* _Exercise instructions_
The lines you return must be all those in the data that hold the string "fulfilled".

BEGIN

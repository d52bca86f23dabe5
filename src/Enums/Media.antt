-- ===== src/Enums/Media.antt =====
-- Document types (src/models/biblio.rs `MediaType`): the legacy codes, the names stored in the
-- database, and the reading of either.
use elidune_server.Prelude.{String, ◌≡◌, refl, List, [], ◌∷◌}
use elidune_server.Enums.Decode.{decode_text}

pub data MediaType : Type 0 where
  all unknown printed_text multimedia comics periodic video video_tape : MediaType
  video_dvd audio audio_music audio_music_tape audio_music_cd audio_non_music : MediaType
  audio_non_music_tape audio_non_music_cd cd_rom images : MediaType

pub as_code : MediaType → String
as_code all = ""
as_code unknown = "u"
as_code printed_text = "b"
as_code multimedia = "m"
as_code comics = "bc"
as_code periodic = "p"
as_code video = "v"
as_code video_tape = "vt"
as_code video_dvd = "vd"
as_code audio = "a"
as_code audio_music = "am"
as_code audio_music_tape = "amt"
as_code audio_music_cd = "amc"
as_code audio_non_music = "an"
as_code audio_non_music_tape = "ant"
as_code audio_non_music_cd = "anc"
as_code cd_rom = "c"
as_code images = "i"

pub media_as_db_str : MediaType → String
media_as_db_str all = "all"
media_as_db_str unknown = "unknown"
media_as_db_str printed_text = "printedText"
media_as_db_str multimedia = "multimedia"
media_as_db_str comics = "comics"
media_as_db_str periodic = "periodic"
media_as_db_str video = "video"
media_as_db_str video_tape = "videoTape"
media_as_db_str video_dvd = "videoDvd"
media_as_db_str audio = "audio"
media_as_db_str audio_music = "audioMusic"
media_as_db_str audio_music_tape = "audioMusicTape"
media_as_db_str audio_music_cd = "audioMusicCd"
media_as_db_str audio_non_music = "audioNonMusic"
media_as_db_str audio_non_music_tape = "audioNonMusicTape"
media_as_db_str audio_non_music_cd = "audioNonMusicCd"
media_as_db_str cd_rom = "cdRom"
media_as_db_str images = "images"

media_names : List (String × MediaType)
media_names =
    ("", all)
    ∷ ("u", unknown)
    ∷ ("b", printed_text)
    ∷ ("m", multimedia)
    ∷ ("bc", comics)
    ∷ ("p", periodic)
    ∷ ("v", video)
    ∷ ("vt", video_tape)
    ∷ ("vd", video_dvd)
    ∷ ("a", audio)
    ∷ ("am", audio_music)
    ∷ ("amt", audio_music_tape)
    ∷ ("amc", audio_music_cd)
    ∷ ("an", audio_non_music)
    ∷ ("ant", audio_non_music_tape)
    ∷ ("anc", audio_non_music_cd)
    ∷ ("c", cd_rom)
    ∷ ("i", images)
    ∷ ("all", all)
    ∷ ("unknown", unknown)
    ∷ ("printedText", printed_text)
    ∷ ("multimedia", multimedia)
    ∷ ("comics", comics)
    ∷ ("periodic", periodic)
    ∷ ("video", video)
    ∷ ("videoTape", video_tape)
    ∷ ("videoDvd", video_dvd)
    ∷ ("audio", audio)
    ∷ ("audioMusic", audio_music)
    ∷ ("audioMusicTape", audio_music_tape)
    ∷ ("audioMusicCd", audio_music_cd)
    ∷ ("audioNonMusic", audio_non_music)
    ∷ ("audioNonMusicTape", audio_non_music_tape)
    ∷ ("audioNonMusicCd", audio_non_music_cd)
    ∷ ("cdRom", cd_rom)
    ∷ ("images", images)
    ∷ []

pub media_from_str : String → MediaType
unfolding media_names
media_from_str = decode_text media_names unknown

-- A document type is read back from its database name and from its legacy code.
pub media_round_trip :
    (m : MediaType) → (media_from_str (media_as_db_str m) ≡ m) × (media_from_str (as_code m) ≡ m)
unfolding media_from_str media_as_db_str as_code
media_round_trip all = (refl, refl)
media_round_trip unknown = (refl, refl)
media_round_trip printed_text = (refl, refl)
media_round_trip multimedia = (refl, refl)
media_round_trip comics = (refl, refl)
media_round_trip periodic = (refl, refl)
media_round_trip video = (refl, refl)
media_round_trip video_tape = (refl, refl)
media_round_trip video_dvd = (refl, refl)
media_round_trip audio = (refl, refl)
media_round_trip audio_music = (refl, refl)
media_round_trip audio_music_tape = (refl, refl)
media_round_trip audio_music_cd = (refl, refl)
media_round_trip audio_non_music = (refl, refl)
media_round_trip audio_non_music_tape = (refl, refl)
media_round_trip audio_non_music_cd = (refl, refl)
media_round_trip cd_rom = (refl, refl)
media_round_trip images = (refl, refl)
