-- ===== src/Error/Http.antt =====
-- How an `AppError` is answered over HTTP and how it is written to the audit log (src/error.rs).
use elidune_server.Prelude.{ℕ, ◌≤◌, ◌<◌, ◌≡◌, refl, Bool, true, false, String, arith, leb}
use elidune_server.Error.{
  Message, literal, AppError, authentication, authorization, not_found, gone, validation, database,
  conflict, bad_request, internal, z3950, business_rule, duplicate_needs_confirmation,
  duplicate_barcode_needs_confirmation,
}

pub record HttpErrorFields : Type 0 where
  pub status : ℕ
  pub code : String
  pub label : String
  pub message : Message

fields : ℕ → String → String → Message → HttpErrorFields
fields s c l m = record { status = s; code = c; label = l; message = m }

pub http_fields : AppError → HttpErrorFields
unfolding fields
http_fields (authentication msg) = fields 401 "authentication_failed" "Unauthorized" msg
http_fields (authorization msg) = fields 403 "authorization_failed" "Forbidden" msg
http_fields (not_found msg) = fields 404 "not_found" "Not Found" msg
http_fields (gone msg) = fields 410 "gone" "Gone" msg
http_fields (validation msg) = fields 400 "validation_error" "Validation Error" msg
http_fields (database e) =
    fields 500 "database_error" "Internal Server Error" (literal "A database error occurred")
http_fields (conflict msg) = fields 409 "conflict" "Conflict" msg
http_fields (bad_request msg) = fields 400 "bad_request" "Bad Request" msg
http_fields (internal msg) =
    fields 500 "internal_error" "Internal Server Error" (literal "An unexpected error occurred")
http_fields (z3950 msg) = fields 502 "z3950_error" "Z39.50 Error" msg
http_fields (business_rule msg) = fields 422 "business_rule_violation" "Business Rule Violation" msg
http_fields (duplicate_needs_confirmation id msg) = fields 409 "conflict" "Conflict" (literal "")
http_fields (duplicate_barcode_needs_confirmation id msg) =
    fields 409 "conflict" "Conflict" (literal "")

-- The status and the JSON body: `ErrorResponse`, or the two duplicate bodies, which carry the
-- existing record's id.
pub data Response : Type 0 where
  error_response : ℕ → String → String → Message → Response
  duplicate_response : ℕ → String → ℕ → Message → Response

from_fields : HttpErrorFields → Response
from_fields f = error_response f.status f.code f.label f.message

pub into_response : AppError → Response
unfolding from_fields http_fields
into_response (duplicate_needs_confirmation id msg) =
    duplicate_response 409 "duplicate_isbn_needs_confirmation" id msg
into_response (duplicate_barcode_needs_confirmation id msg) =
    duplicate_response 409 "duplicate_barcode_needs_confirmation" id msg
into_response other = from_fields (http_fields other)

audit_of : HttpErrorFields → ℕ × String × Message
audit_of f = (f.status, f.code, f.message)

pub audit_http_fields : AppError → ℕ × String × Message
unfolding audit_of http_fields
audit_http_fields (duplicate_needs_confirmation id msg) =
    (409, "duplicate_isbn_needs_confirmation", msg)
audit_http_fields (duplicate_barcode_needs_confirmation id msg) =
    (409, "duplicate_barcode_needs_confirmation", msg)
audit_http_fields other = audit_of (http_fields other)

-- What a client reads off the response.
abbrev pub seen_by_client : Response → ℕ × String × Message
seen_by_client (error_response status code label msg) = (status, code, msg)
seen_by_client (duplicate_response status code id msg) = (status, code, msg)

-- For every error, the status, the code and the message in the audit log are those of the
-- response that the client gets.
pub audit-matches-response : (e : AppError) → audit_http_fields e ≡ seen_by_client (into_response e)
unfolding audit_http_fields into_response
audit-matches-response (duplicate_needs_confirmation id msg) = refl
audit-matches-response (duplicate_barcode_needs_confirmation id msg) = refl
audit-matches-response (database e) = refl
audit-matches-response _ = refl

-- The errors that are the server's fault, or a remote catalogue's.
abbrev pub is_server_fault : AppError → Bool
is_server_fault (database e) = true
is_server_fault (internal m) = true
is_server_fault (z3950 m) = true
is_server_fault _ = false

-- The response's status is 500 or more for database, internal and Z39.50 errors and for no other;
-- every status is at least 400 and below 600.
pub status-is_server_fault :
    (e : AppError)
    → let status = (seen_by_client (into_response e)).0 in
      (leb 500 status ≡ is_server_fault e) × (400 ≤ status) × (status < 600)
unfolding into_response
status-is_server_fault (database e) = (refl, omega arith, omega arith)
status-is_server_fault (duplicate_needs_confirmation id msg) = (refl, omega arith, omega arith)
status-is_server_fault (duplicate_barcode_needs_confirmation id msg) =
    (refl, omega arith, omega arith)
status-is_server_fault _ = (refl, omega arith, omega arith)
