-- ===== src/Holds.antt =====
-- The hold queue of a physical copy: the statements of src/repository/holds.rs, and
-- `place_hold` and `cancel` of src/services/holds.rs.
-- `now` is both `Utc::now()` and the database's `NOW()` of a call. New ids come from the snowflake
-- generator and are an argument. Rows are read in the order of the table where two positions tie.
pub mod Order
pub mod Queue
pub mod Duplicates
pub mod Lifecycle
pub mod Frame
use elidune_server.Prelude.{
  ℕ, ◌+◌, String, str_eq, Bool, true, false, ◌&&◌, ◌||◌, Option, none, some, List, [], ◌∷◌, ◌++◌,
  map, ltb, leb, ◌==◌, if◌then◌else◌, is_some, or_else,
}
use elidune_server.Prelude.Int.{ℤ, pos, ◌+ℤ◌, ◌*ℤ◌, ltb_ℤ}
use elidune_server.Prelude.Table.{
  select_first, select_where, count_where, exists_where, update_where,
}
use elidune_server.Error.{
  Result, ok, err, literal, hold_not_found, pending_hold_not_found, not_found, conflict,
  authorization, database, foreign_key_violation, unique_violation, numeric_out_of_range, ok_or,
  fail_if,
}
use elidune_server.Rights.{DateTime, User}
use elidune_server.Db.{
  Db, Hold, HoldStatus, pending, ready, fulfilled, cancelled, expired, Item, Action, pure, reads,
  lift, modify, ◌>>=◌, ◌>>◌,
}

pub status_as_str : HoldStatus → String
status_as_str pending = "pending"
status_as_str ready = "ready"
status_as_str fulfilled = "fulfilled"
status_as_str cancelled = "cancelled"
status_as_str expired = "expired"

pub status_from_string : String → HoldStatus
status_from_string s =
    if str_eq s "ready"
    then ready
    else if str_eq s "fulfilled"
    then fulfilled
    else if str_eq s "cancelled"
    then cancelled
    else if str_eq s "expired"
    then expired
    else pending

abbrev pub is_pending : HoldStatus → Bool
is_pending pending = true
is_pending ready = false
is_pending fulfilled = false
is_pending cancelled = false
is_pending expired = false

abbrev pub is_ready : HoldStatus → Bool
is_ready ready = true
is_ready pending = false
is_ready fulfilled = false
is_ready cancelled = false
is_ready expired = false

-- `status IN ('pending','ready')`
abbrev pub is_active : HoldStatus → Bool
is_active s = is_pending s || is_ready s

abbrev pub has_id : ℕ → Hold → Bool
has_id i h = h.id == i

abbrev pub active_on : ℕ → Hold → Bool
active_on item h = (h.item_id == item) && is_active h.status

abbrev pub pending_on : ℕ → Hold → Bool
pending_on item h = (h.item_id == item) && is_pending h.status

abbrev pub ready_on : ℕ → Hold → Bool
ready_on item h = (h.item_id == item) && is_ready h.status

abbrev pub active_for : ℕ → ℕ → Hold → Bool
active_for user item h = (h.user_id == user) && active_on item h

-- `ORDER BY position ASC LIMIT 1` over the rows that match.
abbrev pub earlier : Hold → Option Hold → Option Hold
earlier h none = some h
earlier h (some k) = if leb h.position k.position then some h else some k

abbrev pub first_by_position : (Hold → Bool) → List Hold → Option Hold
first_by_position p [] = none
first_by_position p (h ∷ hs) =
    let rest = first_by_position p hs in if p h then earlier h rest else rest

-- `COALESCE(MAX(position), 0)` over the rows that match.
abbrev pub max_position : (Hold → Bool) → List Hold → ℕ
max_position p [] = 0
max_position p (h ∷ hs) =
    let rest = max_position p hs in
    if p h then (if leb rest h.position then h.position else rest) else rest

pub record CreateHold : Type 0 where
  pub user_id : ℕ
  pub item_id : ℕ
  pub notes : Option String

-- The greatest value of a PostgreSQL INTEGER.
abbrev pub integer_max : ℕ
integer_max = 2147483647

abbrev pub days : ℤ → ℤ
days d = d *ℤ pos 86400

abbrev pub set_status : HoldStatus → Hold → Hold
set_status s h = record h { status = s }

abbrev pub set_ready : DateTime → DateTime → Hold → Hold
set_ready now until h = record h { status = ready; notified_at = some now; expires_at = some until }

-- The first row that an `UPDATE … RETURNING` wrote.
abbrev returning : (Hold → Bool) → (Hold → Hold) → List Hold → Option Hold
returning p f hs = elim (select_first p hs) [ none ↦ none | some h ↦ some (f h) ]

-- An `UPDATE` of the holds and the answer to its `RETURNING *`.
abbrev update_holds : (Hold → Bool) → (Hold → Hold) → Action (Option Hold)
update_holds p f db = (ok (returning p f db.holds), record db { holds = update_where p f db.holds })

pub holds_get_by_id : ℕ → Action Hold
holds_get_by_id id =
    reads (λ db. ok_or (not_found (hold_not_found id)) (select_first (has_id id) db.holds))

abbrev new_hold : ℕ → DateTime → CreateHold → ℕ → Hold
new_hold id now d position = record {
  id = id;
  user_id = d.user_id;
  item_id = d.item_id;
  created_at = now;
  notified_at = none;
  expires_at = none;
  status = pending;
  position = position;
  notes = d.notes;
}

-- The new row's position is computed before the constraints of the table `holds` are checked.
abbrev insert_check : ℕ → CreateHold → ℕ → Db → Result Unit
insert_check id d position db =
    if ltb integer_max position
    then err (database numeric_out_of_range)
    else if exists_where (has_id id) db.holds
    then err (database unique_violation)
    else if exists_where (λ u. u.id == d.user_id) db.users
        && exists_where (λ i. i.id == d.item_id) db.items
    then ok tt
    else err (database foreign_key_violation)

abbrev next_position : ℕ → List Hold → ℕ
next_position item hs = max_position (active_on item) hs + 1

pub holds_create : ℕ → DateTime → CreateHold → Action Hold
holds_create id now d = do
  position ← reads (λ db. ok (next_position d.item_id db.holds))
  reads (insert_check id d position)
  modify (λ db. record db { holds = db.holds ++ new_hold id now d position ∷ [] })
  pure (new_hold id now d position)

pub holds_mark_ready : DateTime → ℤ → ℕ → Action Hold
holds_mark_ready now expiry_days id = do
  row ←
      update_holds (λ h. has_id id h && is_pending h.status)
        (set_ready now (now +ℤ days expiry_days))
  lift (ok_or (not_found (pending_hold_not_found id)) row)

pub holds_cancel : ℕ → Action Hold
holds_cancel id = do
  row ← update_holds (has_id id) (set_status cancelled)
  lift (ok_or (not_found (hold_not_found id)) row)

abbrev pub is_past : DateTime → Option DateTime → Bool
is_past now none = false
is_past now (some t) = ltb_ℤ t now

abbrev pub is_overdue : DateTime → Hold → Bool
is_overdue now h = is_ready h.status && is_past now h.expires_at

pub holds_expire_overdue : DateTime → Action (List ℕ)
holds_expire_overdue now db = (
  ok (map (λ h. h.id) (select_where (is_overdue now) db.holds)),
  record db { holds = update_where (is_overdue now) (set_status expired) db.holds },
)

pub holds_count_for_item : ℕ → Action ℕ
holds_count_for_item item = reads (λ db. ok (count_where (active_on item) db.holds))

pub holds_get_next_pending : ℕ → Action (Option Hold)
holds_get_next_pending item = reads (λ db. ok (first_by_position (pending_on item) db.holds))

pub holds_fulfill : ℕ → Action Hold
holds_fulfill id = do
  row ← update_holds (has_id id) (set_status fulfilled)
  lift (ok_or (not_found (hold_not_found id)) row)

abbrev mark_found : DateTime → ℤ → Option Hold → Action (Option Hold)
mark_found now expiry_days none = pure none
mark_found now expiry_days (some r) = do holds_mark_ready now expiry_days r.id; pure (some r)

-- The answer is the row as it was before the update.
pub holds_notify_next : DateTime → ℤ → ℕ → Action (Option Hold)
unfolding holds_get_next_pending holds_mark_ready
holds_notify_next now expiry_days item = do
  next ← holds_get_next_pending item
  mark_found now expiry_days next

abbrev mark_found_tx : DateTime → ℤ → Option Hold → Action (Option Hold)
mark_found_tx now expiry_days none = pure none
mark_found_tx now expiry_days (some r) = do
  updated ← holds_mark_ready now expiry_days r.id
  pure (some updated)

-- The same inside an open transaction; the answer is the updated row.
unfoldable pub holds_notify_next_tx : DateTime → ℤ → ℕ → Action (Option Hold)
unfolding holds_get_next_pending holds_mark_ready
holds_notify_next_tx now expiry_days item = do
  next ← holds_get_next_pending item
  mark_found_tx now expiry_days next

abbrev pub user_of : Option Hold → Option ℕ
user_of none = none
user_of (some h) = some h.user_id

-- `ready` first, else the first `pending`.
unfoldable pub eligible_borrower : ℕ → List Hold → Option ℕ
eligible_borrower item hs =
    or_else (user_of (first_by_position (ready_on item) hs))
      (user_of (first_by_position (pending_on item) hs))

unfoldable pub holds_eligible_borrower_for_item : ℕ → Action (Option ℕ)
holds_eligible_borrower_for_item item = reads (λ db. ok (eligible_borrower item db.holds))

unfoldable pub holds_fulfill_active_for_user_item_tx : ℕ → ℕ → Action (Option ℕ)
holds_fulfill_active_for_user_item_tx user item = do
  row ← update_holds (active_for user item) (set_status fulfilled)
  pure (elim row [ none ↦ none | some h ↦ some h.id ])

-- Also `holds_cancel_active_for_item`, which is the same statement outside a transaction.
unfoldable pub holds_cancel_active_for_item_tx : ℕ → Action ℕ
holds_cancel_active_for_item_tx item db = (
  ok (count_where (active_on item) db.holds),
  record db { holds = update_where (active_on item) (set_status cancelled) db.holds },
)

pub holds_has_active_for_user_item : ℕ → ℕ → Action Bool
holds_has_active_for_user_item user item =
    reads (λ db. ok (exists_where (active_for user item) db.holds))

abbrev item_of_biblio : ℕ → List Item → Hold → Bool
item_of_biblio biblio items h =
    exists_where
      (λ i. (i.id == h.item_id) && (elim i.biblio_id [ none ↦ false | some b ↦ b == biblio ])) items

-- The join finds one copy for each hold, since `items.id` is the key.
pub holds_count_active_for_biblio : ℕ → Action ℕ
holds_count_active_for_biblio biblio =
    reads (λ db.
      ok (count_where (λ h. item_of_biblio biblio db.items h && is_active h.status) db.holds))

-- `HoldsService::place_hold`
unfoldable pub place_hold : ℕ → DateTime → CreateHold → Action Hold
unfolding holds_has_active_for_user_item holds_create
place_hold id now d = do
  duplicate ← holds_has_active_for_user_item d.user_id d.item_id
  lift (fail_if duplicate (conflict (literal "User already has an active hold for this item")))
  holds_create id now d

-- `HoldsService::cancel`
pub cancel : ℕ → ℕ → Bool → Action Hold
unfolding holds_get_by_id holds_cancel
cancel id requesting_user_id can_manage_others = do
  hold ← holds_get_by_id id
  lift (
      fail_if
        ((if can_manage_others then false else true)
          && (if hold.user_id == requesting_user_id then false else true))
        (authorization (literal "Cannot cancel another user's hold")))
  holds_cancel id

END

* _Your response_
  Db, Hold, HoldStatus, pending, ready, fulfilled, cancelled, expired, Item, Action, pure, reads,
status_as_str fulfilled = "fulfilled"
    else if str_eq s "fulfilled"
    then fulfilled
is_pending fulfilled = false
is_ready fulfilled = false
  row ← update_holds (has_id id) (set_status fulfilled)
  row ← update_holds (active_for user item) (set_status fulfilled)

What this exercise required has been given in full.